Assigned task:
The task calls for each line of the records below in which the word "perform" appears.

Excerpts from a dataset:
□ □ □ □ □ □ □

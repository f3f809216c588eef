-- ===== src/Exchange/Refinement.antt =====
-- The network follows the machine of phases.
use packet_distribution_syst.Prelude.{
  ℕ, suc, ◌+◌, ◌<◌, ◌≤◌, ◌≡◌, refl, ap, ◌∙◌, none, some, Option, List, [], ◌∷◌, false, pos, length,
  arith, pos_add,
}
use packet_distribution_syst.Text.{to_string}
use packet_distribution_syst.Packets.{echo}
use packet_distribution_syst.Packets.Crypto.{Crypto, IsKeyAgreement, IsKeyPair}
use packet_distribution_syst.Archive.{◌>>=◌}
use packet_distribution_syst.Session.{Call, send_packet, setup_encryption}
use packet_distribution_syst.Session.Echo.{process_echo}
use packet_distribution_syst.Session.Conversation.{process_echo-to_string}
use packet_distribution_syst.Server.Encryption.{Draws}
use packet_distribution_syst.Client.Encryption.{
  first_echo, on_response, setup_encryption_for_session,
}
use packet_distribution_syst.Handshake.{handshake_agrees}
use packet_distribution_syst.Exchange.{
  End, Network, perform, calls_of, await_response, server_handlers, client_handlers, receive, Side,
  at_server, at_client, step, connected_network, run_network,
}
use packet_distribution_syst.Exchange.Phases.{
  Phase, requested, responded, echo_to_server, echo_to_client, next, run_phases, count,
  numbered_echo, encryption, response, network_of, secured,
}

tail : Option (List Call) → Option (List Call)
tail (some (call ∷ calls)) = some calls
tail _ = none

calls_of-process_echo :
    (k : ℕ)
    → k < 0x7fff_ffff
    → calls_of (process_echo (record { echo_message = to_string (pos k) }))
      ≡ some (send_packet (numbered_echo (suc k)) ∷ [])
unfolding calls_of
calls_of-process_echo k h =
    ap calls_of (process_echo-to_string (pos k) (omega arith) (ground arith))
    ∙ ap (λ z. some (send_packet (echo (record { echo_message = to_string z })) ∷ []))
        (pos_add k 1 ∙ ap pos (omega arith))

first_echo_numbered : echo first_echo ≡ numbered_echo 0
unfolding to_string
first_echo_numbered = refl

pub count_next : (side : Side) (phase : Phase) → count (next side phase) ≤ suc (count phase)
unfolding count next
count_next at_server requested = omega arith
count_next at_client requested = omega arith
count_next at_server responded = omega arith
count_next at_client responded = omega arith
count_next at_server (echo_to_server k) = omega arith
count_next at_client (echo_to_server k) = omega arith
count_next at_server (echo_to_client k) = omega arith
count_next at_client (echo_to_client k) = omega arith

tail-cons : (o : Option (List Call)) (call : Call) → o ≡ tail (o >>= λ calls. some (call ∷ calls))
unfolding tail
tail-cons none call = refl
tail-cons (some calls) call = refl

abbrev server_does : Option (List Call) → End → End → Option Network
server_does o self other =
    (o >>= λ calls. some (perform calls self other.inbox)) >>= λ (server, outbox).
    some (record { server = server; client = record other { inbox = outbox } })

abbrev client_does : Option (List Call) → End → End → Option Network
client_does o self other =
    (o >>= λ calls. some (perform calls self other.inbox)) >>= λ (client, outbox).
    some (record { server = record other { inbox = outbox }; client = client })

-- The turn of an end with an encryption, by what its handler calls.
abbrev pub server_turn : End → Option (List Call) → Option Network
server_turn secured o = (o >>= λ calls. some (perform calls secured [])) >>= λ (server, outbox).
    some (record { server = server; client = record secured { inbox = outbox } })

abbrev pub client_turn : End → Option (List Call) → Option Network
client_turn secured o = (o >>= λ calls. some (perform calls secured [])) >>= λ (client, outbox).
    some (record { server = record secured { inbox = outbox }; client = client })

abbrev fresh : End
fresh = record { encryption = none; destroyed = false; inbox = [] }

module _ (C : Crypto) (signer : C.Signer) (verifier : C.Verifier) (agreement : IsKeyAgreement C)
    (keys : IsKeyPair C signer verifier) (dh : C.DiffieHellmanHelper)
    (draws : Draws C.DiffieHellmanHelper) where
  on_response_agreed :
      on_response C verifier dh (response C signer verifier dh draws)
      ≡ some (
          setup_encryption (encryption C signer verifier dh draws)
          ∷ send_packet (numbered_echo 0)
          ∷ [])
  unfolding setup_encryption_for_session tail
  on_response_agreed =
      tail-cons (on_response C verifier dh (response C signer verifier dh draws)) _
      ∙ ap tail (handshake_agrees C signer verifier agreement keys dh draws).1
      ∙ ap
          (λ packet.
            some
              (setup_encryption (encryption C signer verifier dh draws) ∷ send_packet packet ∷ []))
          first_echo_numbered

  pub step-next :
      (side : Side) (phase : Phase)
      → count phase < 0x7fff_ffff
      → step C signer verifier dh draws side (network_of C signer verifier dh draws phase)
        ≡ some (network_of C signer verifier dh draws (next side phase))
  unfolding step receive server_handlers client_handlers perform await_response network_of next
      count connected_network
  step-next at_server requested h =
      ap (λ calls. server_does calls fresh fresh)
        (handshake_agrees C signer verifier agreement keys dh draws).0
  step-next at_client requested h = refl
  step-next at_server responded h = refl
  step-next at_client responded h =
      ap (λ calls. client_does calls fresh (secured C signer verifier dh draws)) on_response_agreed
  step-next at_server (echo_to_server k) h =
      ap (server_turn (secured C signer verifier dh draws)) (calls_of-process_echo k h)
  step-next at_client (echo_to_server k) h = refl
  step-next at_server (echo_to_client k) h = refl
  step-next at_client (echo_to_client k) h =
      ap (client_turn (secured C signer verifier dh draws)) (calls_of-process_echo k h)

  run_network-run_phases :
      (sides : List Side) (phase : Phase)
      → count phase + length sides < 0x8000_0000
      → run_network C signer verifier dh draws sides (network_of C signer verifier dh draws phase)
        ≡ some (network_of C signer verifier dh draws (run_phases sides phase))
  unfolding run_network run_phases
  run_network-run_phases [] phase h = refl
  run_network-run_phases (side ∷ sides) phase h =
      ap (λ o. o >>= λ m. run_network C signer verifier dh draws sides m)
        (step-next side phase (omega arith))
      ∙ run_network-run_phases sides (next side phase) (omega (arith, count_next side phase))

  -- With matching keys, however the ends take turns, for fewer than 2 ^ 31 turns, no handler throws
  -- or overflows, and the network is what its phase says: first neither end has an encryption, after
  -- the server's turn it alone has the one agreed on, and from the client's turn on both ends have
  -- it; no session is destroyed, and one packet is under way, the echoes counting from 0.
  pub run_network-connected :
      (sides : List Side)
      → length sides < 0x8000_0000
      → run_network C signer verifier dh draws sides (connected_network C signer verifier dh draws)
        ≡ some (network_of C signer verifier dh draws (run_phases sides requested))
  unfolding network_of count
  run_network-connected sides h = run_network-run_phases sides requested (omega arith)
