-- ===== src/Exchange/Liveness.antt =====
-- A session makes progress, however the turns of its ends fall.
use packet_distribution_syst.Prelude.{
  ℕ, zero, suc, ◌+◌, ◌<◌, ◌≡◌, refl, ap, ◌∙◌, sym, List, [], ◌∷◌, ◌++◌, Option, none, some, arith,
  inl, inr,
}
use packet_distribution_syst.Archive.{◌>>=◌}
use packet_distribution_syst.Packets.Crypto.{Crypto, IsKeyAgreement, IsKeyPair}
use packet_distribution_syst.Server.Encryption.{Draws}
use packet_distribution_syst.Handshake.{agreed}
use packet_distribution_syst.Exchange.{Side, Network, step, run_network, connected_network}
use packet_distribution_syst.Exchange.Phases.{
  Phase, requested, next, count, network_of, numbered_echo,
}
use packet_distribution_syst.Exchange.Refinement.{step-next}
use packet_distribution_syst.Exchange.Schedule.{
  Schedule, IsFair, turns, turns_add, holder, advance, next_cases, phase_at, count-phase_at,
  IsEchoing, to_server, to_client, phase_at-IsEchoing,
}

module _ (C : Crypto) (signer : C.Signer) (verifier : C.Verifier) (dh : C.DiffieHellmanHelper)
    (draws : Draws C.DiffieHellmanHelper) where
  -- Both ends have the encryption agreed on, and the echo of number k is on its way.
  abbrev pub IsSecured : Network → ℕ → Type 0
  IsSecured m k =
      (m.server.encryption ≡ some (agreed C signer verifier dh draws))
      × (m.client.encryption ≡ some (agreed C signer verifier dh draws))
      × (m.server.inbox ++ m.client.inbox ≡ numbered_echo k ∷ [])

module _ (C : Crypto) (signer : C.Signer) (verifier : C.Verifier) (agreement : IsKeyAgreement C)
    (keys : IsKeyPair C signer verifier) (dh : C.DiffieHellmanHelper)
    (draws : Draws C.DiffieHellmanHelper) where
  abbrev pub run : List Side → Network → Option Network
  run = run_network C signer verifier dh draws

  abbrev pub network : Phase → Network
  network = network_of C signer verifier dh draws

  run-turn :
      (side : Side) (sides : List Side) (phase : Phase)
      → count phase < 0x7fff_ffff
      → run (side ∷ sides) (network phase) ≡ run sides (network (next side phase))
  unfolding run_network
  run-turn side sides phase h =
      ap (λ o. o >>= λ m. run sides m)
        (step-next C signer verifier agreement keys dh draws side phase h)

  run-append :
      (sides more : List Side) (n : Network)
      → run (sides ++ more) n ≡ (run sides n >>= λ m. run more m)
  unfolding run_network
  run-append [] more n = refl
  run-append (side ∷ sides) more n =
      elim (step C signer verifier dh draws side n)
        as (λ o.
          (o >>= λ m. run (sides ++ more) m) ≡ ((o >>= λ m. run sides m) >>= λ m. run more m)) [
            | none ↦ refl
            | some m ↦ run-append sides more m
          ]

  -- The packet moves within the turns up to one of its holder's.
  moves_within :
      (schedule : Schedule) (phase : Phase)
      → count phase < 0x7fff_ffff
      → (d i : ℕ) → schedule (i + d) ≡ holder phase
      → (n : ℕ) × (run (turns schedule i n) (network phase) ≡ some (network (advance phase)))
  unfolding turns advance run_network
  moves_within schedule phase h zero i e = (
    1,
    run-turn (schedule i) [] phase h
        ∙ ap (λ side. some (network (next side phase))) (ap schedule (omega arith) ∙ e),
  )
  moves_within schedule phase h (suc d) i e = elim (next_cases (schedule i) phase) [
    | inl held ↦ (
      1,
      run-turn (schedule i) [] phase h ∙ ap (λ side. some (network (next side phase))) (sym held),
    )
    | inr idle ↦
        let (n, moved) = moves_within schedule phase h d (suc i) (ap schedule (omega arith) ∙ e) in
        (
          suc n,
          run-turn (schedule i) (turns schedule (suc i) n) phase h
              ∙ ap (λ p. run (turns schedule (suc i) n) (network p)) idle
              ∙ moved,
        )
  ]

  pub run_then :
      (schedule : Schedule) (i n m : ℕ) (a b : Network) {o : Option Network}
      → run (turns schedule i n) a ≡ some b
      → run (turns schedule (i + n) m) b ≡ o
      → run (turns schedule i (n + m)) a ≡ o
  run_then schedule i n m a b first second =
      ap (λ sides. run sides a) (turns_add schedule i n m)
      ∙ run-append (turns schedule i n) (turns schedule (i + n) m) a
      ∙ ap (λ o. o >>= λ c. run (turns schedule (i + n) m) c) first
      ∙ second

  pub moves_reached :
      (schedule : Schedule)
      → IsFair schedule
      → (moves : ℕ) → moves < 0x8000_0002
      → (n : ℕ) × (run (turns schedule 0 n) (network requested) ≡ some (network (phase_at moves)))
  unfolding phase_at turns run_network
  moves_reached schedule fair zero h = (0, refl)
  moves_reached schedule fair (suc moves) h =
      let (n, reached) = moves_reached schedule fair moves (omega (arith, h)) in
      let (d, e) = fair (0 + n) (holder (phase_at moves)) in
      let (m, moved) =
        moves_within schedule (phase_at moves) (omega (arith, h, count-phase_at moves)) d (0 + n)
          e in
      (n + m, run_then schedule 0 n m (network requested) (network (phase_at moves)) reached moved)

  -- In each such phase both ends are secured and one echo is under way.
  pub echoing :
      {phase : Phase} {k : ℕ}
      → IsEchoing phase k
      → IsSecured C signer verifier dh draws (network phase) k
  unfolding network_of
  echoing to_server = (refl, refl, refl)
  echoing to_client = (refl, refl, refl)

  -- With matching keys, along every order of turns in which each end has a turn again and again, and
  -- for every k below 2 ^ 31, some number of turns leaves both ends with the encryption agreed on and
  -- the echo of number k as the one packet under way; no handler throws or overflows on the way.
  pub run_network_progresses :
      (schedule : Schedule)
      → IsFair schedule
      → (k : ℕ) → k < 0x8000_0000
      → (n : ℕ) × (m : Network) × (run_network C signer verifier dh draws
            (turns schedule 0 n)
            (connected_network C signer verifier dh draws)
          ≡ some m)
        × IsSecured C signer verifier dh draws m k
  unfolding network_of
  run_network_progresses schedule fair k h =
      let (n, reached) = moves_reached schedule fair (suc (suc k)) (omega arith) in
      (n, network (phase_at (suc (suc k))), reached, echoing (phase_at-IsEchoing k))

□ □ □ □ □ □ □

Written reply:
  End, Network, perform, calls_of, await_response, server_handlers, client_handlers, receive, Side,
    (o >>= λ calls. some (perform calls self other.inbox)) >>= λ (server, outbox).
    (o >>= λ calls. some (perform calls self other.inbox)) >>= λ (client, outbox).
server_turn secured o = (o >>= λ calls. some (perform calls secured [])) >>= λ (server, outbox).
client_turn secured o = (o >>= λ calls. some (perform calls secured [])) >>= λ (client, outbox).
  unfolding step receive server_handlers client_handlers perform await_response network_of next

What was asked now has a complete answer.